Both groups were genuinely engaged. The difference was in the questions. The UNC Charlotte sessions had a sharper cloud-specific focus from the start — which makes sense given who opted in. At VCU, the questions were broader, and about a fifth of them centered on mainframes. I was impressed by the VCU students trying to mentally map architectures to problems.

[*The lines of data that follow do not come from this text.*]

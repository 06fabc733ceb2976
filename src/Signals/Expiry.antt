-- ===== src/Signals/Expiry.antt =====
-- The expiry job (expiry.py) and the queue of pending signals.
use ratatoskr_v.Base.{
  ◌≤◌, ◌≡◌, refl, ◌∙◌, Bool, ◌&&◌, [], ◌∷◌, arith, Bool-cases, inl, inr, count, select,
  update_where, leb, if◌then◌else◌, All, All-weaken, leb→le,
}
use native.Mathlib.Nat.{le_trans}
use ratatoskr_v.Domain.{Time}
use ratatoskr_v.Signals.{
  Signal, Table, is_pending, is_stale, expire_stale, with_status, expired, get_pending_signals,
  sort_by_created, insert_by_created,
}

-- A row after the job: stale ones are expired, the others untouched.
abbrev pub Expired : Time → Signal → Signal → Type 0
Expired now s t = t ≡ (if is_stale now s then with_status expired s else s)

abbrev pub Rowwise : (Signal → Signal → Type 0) → Table → Table → Type 0
Rowwise R [] [] = Unit
Rowwise R (x ∷ xs) (y ∷ ys) = R x y × Rowwise R xs ys
Rowwise R _ _ = ⊥

Rowwise-Expired : (now : Time) (t : Table) → Rowwise (Expired now) t (expire_stale now t).1
unfolding expire_stale
Rowwise-Expired now [] = tt
Rowwise-Expired now (x ∷ t) = (refl, Rowwise-Expired now t)

none_stale : (now : Time) (t : Table) → count (is_stale now) (expire_stale now t).1 ≡ 0
unfolding expire_stale
none_stale now [] = refl
none_stale now (x ∷ t) = elim (Bool-cases (is_stale now x)) [
  | inl stale ↦ rw stale (omega (arith, none_stale now t))
  | inr fresh ↦ rw fresh (rw fresh (omega (arith, none_stale now t)))
]

update_where-none :
    (p : Signal → Bool) (f : Signal → Signal) (t : Table) → count p t ≡ 0 → update_where p f t ≡ t
update_where-none p f [] h = refl
update_where-none p f (x ∷ t) h = ground (arith, update_where-none p f t)

settled :
    (now : Time) (t : Table) → expire_stale now (expire_stale now t).1 ≡ (0, (expire_stale now t).1)
settled now t =
    let u = (expire_stale now t).1 in
    unfold expire_stale in
    λ i. (
      none_stale now t i,
      update_where-none (is_stale now) (with_status expired) u (none_stale now t) i,
    )

-- The job expires the stale rows and nothing else, leaves none behind, reports how many there
-- were, and finds nothing when it runs again at the same time.
expire_stale_lem :
    (now : Time) (t : Table)
    → let (n, u) = expire_stale now t in
      Rowwise (Expired now) t u
      × (n ≡ count (is_stale now) t)
      × (count (is_stale now) u ≡ 0)
      × (expire_stale now u ≡ (0, u))
expire_stale_lem now t = (Rowwise-Expired now t, counted, none_stale now t, settled now t)
  where
    counted : (expire_stale now t).0 ≡ count (is_stale now) t
    counted = unfold expire_stale in refl

-- Every row is created no later than the rows after it.
abbrev pub IsFifo : Table → Type 0
IsFifo [] = Unit
IsFifo (x ∷ xs) = All (λ y. x.created_at ≤ y.created_at) xs × IsFifo xs

insert-All :
    (P : Signal → Type 0) (s : Signal) (t : Table) → P s → All P t → All P (insert_by_created s t)
unfolding insert_by_created
insert-All P s [] p h = (p, tt)
insert-All P s (x ∷ t) p h = elim (Bool-cases (leb s.created_at x.created_at)) [
  | inl low ↦ rw low (p, h)
  | inr high ↦ rw high (h.0, insert-All P s t p h.1)
]

insert-IsFifo : (s : Signal) (t : Table) → IsFifo t → IsFifo (insert_by_created s t)
unfolding insert_by_created
insert-IsFifo s [] h = (tt, tt)
insert-IsFifo s (x ∷ t) h = elim (Bool-cases (leb s.created_at x.created_at)) [
  | inl low ↦
      rw low ((leb→le _ _ low, All-weaken _ _ t (λ y q. le_trans (leb→le _ _ low) q) h.0), h)
  | inr high ↦ rw high (insert-All _ s t (ground arith) h.0, insert-IsFifo s t h.1)
]

-- Every row that is given is handed out, as often.
count-insert :
    (p : Signal → Bool) (s : Signal) (t : Table) → count p (insert_by_created s t) ≡ count p (s ∷ t)
unfolding insert_by_created
count-insert p s [] = refl
count-insert p s (x ∷ t) = elim (Bool-cases (leb s.created_at x.created_at)) [
  | inl low ↦ rw low
  | inr high ↦ rw high (omega (arith, count-insert p s t))
]

count-sort : (p : Signal → Bool) (t : Table) → count p (sort_by_created t) ≡ count p t
unfolding sort_by_created
count-sort p [] = refl
count-sort p (x ∷ t) = omega (arith, count-insert p x (sort_by_created t), count-sort p t)

count-select : (p q : Signal → Bool) (t : Table) → count p (select q t) ≡ count (λ s. q s && p s) t
count-select p q [] = refl
count-select p q (x ∷ t) = ground (arith, count-select p q t)

sort-IsFifo : (t : Table) → IsFifo (sort_by_created t)
unfolding sort_by_created
sort-IsFifo [] = tt
sort-IsFifo (x ∷ t) = insert-IsFifo x (sort_by_created t) (sort-IsFifo t)

-- The risk engine is given the pending signals and no others, each as often as it stands in the
-- table, the oldest first.
get_pending_signals-IsFifo :
    (t : Table)
    → IsFifo (get_pending_signals t)
      × ((p : Signal → Bool)
          → count p (get_pending_signals t) ≡ count (λ s. is_pending s.status && p s) t)
unfolding get_pending_signals
get_pending_signals-IsFifo t = (
  sort-IsFifo (select (λ s. is_pending s.status) t),
  λ p. count-sort p (select (λ s. is_pending s.status) t) ∙ count-select p _ t,
)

The Recruiter’s Perspective
I was fortunate to have Lindsey Rodriguez join us remotely to share the view from the hiring side. Lindsey’s perspective grounded the session in a way that purely technical talks can miss. Certifications matter in initial résumé screens — they signal intentionality and give a recruiter something concrete to anchor on when differentiating candidates with similar academic backgrounds. But what matters downstream is demonstrating practical problem-solving and the ability to translate technical complexity for non-technical stakeholders. That combination — technical credibility plus communication — is what gets early-career engineers into high-visibility roles quickly.
Acknowledgments
None of this would have happened without Khawlah Harahsheh, Laura Lemza, and Rebecca Kurihine, whose organization and hospitality made the day run smoothly. Thanks also to Devin Veasna for capturing photos of the session.
I’ve already connected with several students from the day and I’m looking forward to watching them build things. There’s a particular kind of energy in a room full of people who are technically sharp and genuinely curious about the industry they’re about to enter. Sessions like this remind me why community engagement matters beyond the metrics — it’s an investment in people who are going to be shaping the stack for the next twenty years.